I'm not sure my 6.0L is doing the same job these other ones are.

I may have forgotten to engage tow/haul mode after stopping but didn't notice much difference from the old Yukon with the 5.3L going up the big hills here in AZ. I also now have 4.10's and somewhat surprised.

As for the gas vs. diesel debate, don't gassers lose a percentage of HP for every 1,000 feet of elevation? Perhaps my mountains have a different impact going at 6-7% grades up to a 5,000 elevation and then up to 8,500 feet on the eastern edges of our state.


----------



## Dan V (May 21, 2006)

Interesting to see the 6.0 is still having the same type issues I'm having with my 4.8 in the mts. and longer inclines . That 3600 - 4000 rpm stuff in second is what I'm trying to get away from , its even MUCH worse in my truck as it has the 40 series Flowmaster . Can always hear what the engine is doing and when it kicks down into second it sounds like your at a drag race .

Going to a GM dealer Saturday , got a online quote of just under $26K for a Silverado W/T ( reg cab ) with some extras and the Dmas/ Allison combo . Know they are going to kill me on my trade-in as it is worth less than owed , gotta do it though or no more mountains for us !

Dan


----------



## nynethead (Sep 23, 2005)

You'll be suprised on what theu will give you for a trade. Pickup my 06 chevy 2500hd cc 4x4 with the duramax today and left my 05 1500 cc 4x4 with the 5.3L.

The truck had only 10 miles on it never test driven, only one dealer had. They have 2 07's coming in next week and wanted to unload the 06. They let it go for 500 under invoice, plus the 3000 rebate on the duramax, and still gave me 21500 for my 05 and reduced my taxes on the new one.

The 2500 has a 3.73 rear and has a max trailer rating of 12,000lbs and total gcwr of 22000.
for a 5'er it has a capacity of 14,200lbs. and a gcwr of 23,200lbs.

High way numbers

1500 with 5.3L and 3.42 rear drives at 1700 rpm at 60mph
2500hd with the duramax and 3.73 rear drives at 1600 at 60mph

only have 63 miles now, but i'll keep track fo statistics


----------



## vdub (Jun 19, 2004)

> The 2500 has a 3.73 rear and has a max trailer rating of 12,000lbs and total gcwr of 22000.


Interesting!
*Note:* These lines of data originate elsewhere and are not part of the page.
-- ===== src/Addresses.antt =====
-- Subscriber files read in portions, src/getaddrsfromfd.c. An open file is what the system calls give,
-- and the descriptor's offset is an argument.
pub mod Portions
mod Tests
use mlmmj.Base.{
  ℕ, ◌+◌, ◌-◌, not, ◌||◌, Option, none, some, List, [], ◌∷◌, ◌++◌, leb, ◌==◌, if◌then◌else◌, Bytes,
  length, drop, is_empty,
}
use mlmmj.Subscribers.{Opened}

-- The loop over the mapping: `cur` is the line so far, `offset` the offset of `next`. It leaves when
-- the list holds `max` addresses, at the end of a line.
unfoldable pub take_addrs : ℕ → List Bytes → Bytes → ℕ → Bytes → List Bytes × ℕ
take_addrs max strs cur offset [] = (strs, offset)
take_addrs max strs cur offset (c ∷ next) =
    let more = take_addrs max strs (cur ++ c ∷ []) (offset + 1) next in
    let line = if c == b'\n' then cur else cur ++ c ∷ [] in
    let later = take_addrs max (strs ++ line ∷ []) [] (offset + 1) next in
    if c == b'\n' || is_empty next
    then (if leb max (length (strs ++ line ∷ [])) then (strs ++ line ∷ [], offset + 1) else later)
    else more

-- What is returned, and what it leaves: the addresses and the descriptor's offset.
pub record Portion : Type 0 where
  pub strs : List Bytes
  pub offset : ℕ
  pub left : ℕ

-- `none` is -1.
unfoldable pub getaddrsfromfd : Opened → ℕ → ℕ → List Bytes → Option Portion
getaddrsfromfd fd offset max strs =
    let (strs', offset') = take_addrs max strs [] offset (drop offset fd.content) in
    if not fd.stat_ok
    then none
    else if is_empty fd.content
    then some (record { strs = strs; offset = offset; left = 0 })
    else if not fd.mmap_ok
    then none
    else some (record { strs = strs'; offset = offset'; left = length fd.content - offset' })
What is the GVWR (not GAWR) stamped on the driver's door panel?


----------



## NJMikeC (Mar 29, 2006)

Dan V-- A Duramax for $26K? I know you said WT & regular cab but geez that is cheap.

VDUB- the 2500 GVWR is 9200 lbs and I believe rear axle is over 5,000 lbs, hence it can do many a 5'er but perhaps not all the way up to 22,000 GCWR


----------



## Oregon_Camper (Sep 13, 2004)

rman45 said:


> Thor,
> 
> Yes. a lot of hills. We live in Oregon, and often take trips down the Oregon coast into Cali, then inland to the Sacramento Valley, then about 400 miles north back home. You are right, on the flats the rpms stay nice and low, without downshifting every 10 seconds. I used the Tow Mode off and on this last trip. The advantage of the Tow Mode I saw was on the steeper, longer grades. The transmission would hold the gear a little longer using Tow Mode. For the lower grade climbs, by keeping the Tow Mode disabled, I didn't have to let off the accelerator to allow the transmission to shift up once I got to the top of the hill. I also use Tow Mode when getting up to speed. This was the first trip using the Denali as the TV. I am really impressed so far, but wouldn't a Duramax Denali be the ticket? That would get my attention.
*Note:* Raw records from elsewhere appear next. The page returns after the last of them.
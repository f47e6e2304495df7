-- ===== src/Subscribers/Lines.antt =====
-- A subscriber file read as lines, and `find_subscriber` of src/subscriberfuncs.c against that reading.
use mlmmj.Base.{
  ℕ, ◌+◌, ◌≡◌, refl, true, Option, none, some, List, [], ◌∷◌, ◌++◌, arith, ◌==◌, if◌then◌else◌,
  Bytes, length, is_empty, append_assoc, length-append,
}
use mlmmj.CString.{case_eq, case_eq_n}
use mlmmj.Subscribers.{Opened, matches, scan, find_subscriber}

-- The lines of a file after the unfinished line `pre`; an unterminated last line counts.
abbrev pub lines_from : Bytes → Bytes → List Bytes
lines_from pre [] = if is_empty pre then [] else pre ∷ []
lines_from pre (c ∷ s) = if c == b'\n' then pre ∷ lines_from [] s else lines_from (pre ++ c ∷ []) s

abbrev pub lines : Bytes → List Bytes
lines s = lines_from [] s

abbrev pub unlines : List Bytes → Bytes
unlines [] = []
unlines (l ∷ ls) = l ++ (b'\n' ∷ unlines ls)

-- The offset of the first line that is the address, but for the case of letters.
unfoldable pub find_line : Bytes → ℕ → List Bytes → Option ℕ
find_line address off [] = none
find_line address off (l ∷ ls) =
    if case_eq address l then some off else find_line address (off + length l + 1) ls

-- `fstat`, `mmap` and the file type do not stand in the way.
pub record IsReadable (f : Opened) : Type 0 where
  pub stat : f.stat_ok ≡ true
  pub file : f.regular ≡ true
  pub mmap : f.mmap_ok ≡ true

matches_lem :
    (address pre next : Bytes) → matches address (pre ++ next) (length pre) ≡ case_eq address pre
unfolding matches case_eq case_eq_n
matches_lem [] [] next = refl
matches_lem [] (y ∷ pre) next = ground arith
matches_lem (x ∷ address) [] next = ground arith
matches_lem (x ∷ address) (y ∷ pre) next = ground (arith, matches_lem address pre next)

scan-lines :
    (address : Bytes) (start : ℕ) (pre next : Bytes)
    → scan address start (pre ++ next) (length pre) next
      ≡ find_line address start (lines_from pre next)
unfolding scan find_line
scan-lines address start [] [] = refl
scan-lines address start (p ∷ pre) [] = ground (arith, matches_lem address (p ∷ pre) [])
scan-lines address start pre (c ∷ next) = ground (
  arith,
  matches_lem address pre (c ∷ next),
  scan-lines address (start + length pre + 1) [] next,
  scan-lines address start (pre ++ c ∷ []) next,
  append_assoc pre (c ∷ []) next,
  length-append pre (c ∷ []),
)

-- In a readable file `find_subscriber` gives the offset of the first line that is the address but
-- for the case of letters, an unfinished last line included, and -1 where no line is.
pub find_subscriber-lines :
    (f : Opened) (address : Bytes)
    → IsReadable f
    → find_subscriber f address ≡ find_line address 0 (lines f.content)
find_subscriber-lines f address ok = go f.content refl
  where
    go : (s : Bytes) → f.content ≡ s → find_subscriber f address ≡ find_line address 0 (lines s)
    go [] e = unfold find_subscriber find_line in ground arith
    go (c ∷ s) e = unfold find_subscriber in ground (arith, scan-lines address 0 [] (c ∷ s))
Coming to the PNW Fall Rally?


----------



## Dan V (May 21, 2006)

NJMikeC ,
Sounds awfully good to me also , list was $31,705 and the special price was $25,412 . DW got the quote and I'm thinking part of that is a employee or friend of employee pricing deal , we will see if this price holds up Saturday when I show up ! If not , Dodge is having a sale , friends/family pricing for everyone . Plus my father-in-law works for the Ford dealer just down the road from the Chevy dealer and he definately can get me an employee deal on a Ford , I'll let the Chevy dealer know that , if he chickens out on the quote he gave my DW . We'll see !


----------



## vdub (Jun 19, 2004)

> hence it can do many a 5'er but perhaps not all the way up to 22,000 GCWR


You can't bust any of the weights, including the GVWR, when pulling a 5 and be legal. If the weight of the rig is typical, then you're "available load weight", i.e., 5 pin weight in this case, is probably about 1,400 or 1,500 pounds. If that is the case, then you couldn't legally pull a 28FRLS off the lot and the 28FRLS is one of the lightest ones out there. I suspect you would have to go to a shorter 5, which are a little more difficult to find.


----------



## NJMikeC (Mar 29, 2006)

What????

Any 3/4 Ton has at least a payload of 2500# and usually 3000#. 1 Ton's probably get you another 1000# ,1500# dually. With a 1400 to 1500 pound pin then you have 1000# left over for people, gas and gear? Payload on the GM 3/4 Tons are around 3300#.


----------



## PDX_Doug (Nov 16, 2004)

Fire44 said:


> They haven't released the exact price on the new trucks yet but I have heard that the increase will be between $2000 and $4000.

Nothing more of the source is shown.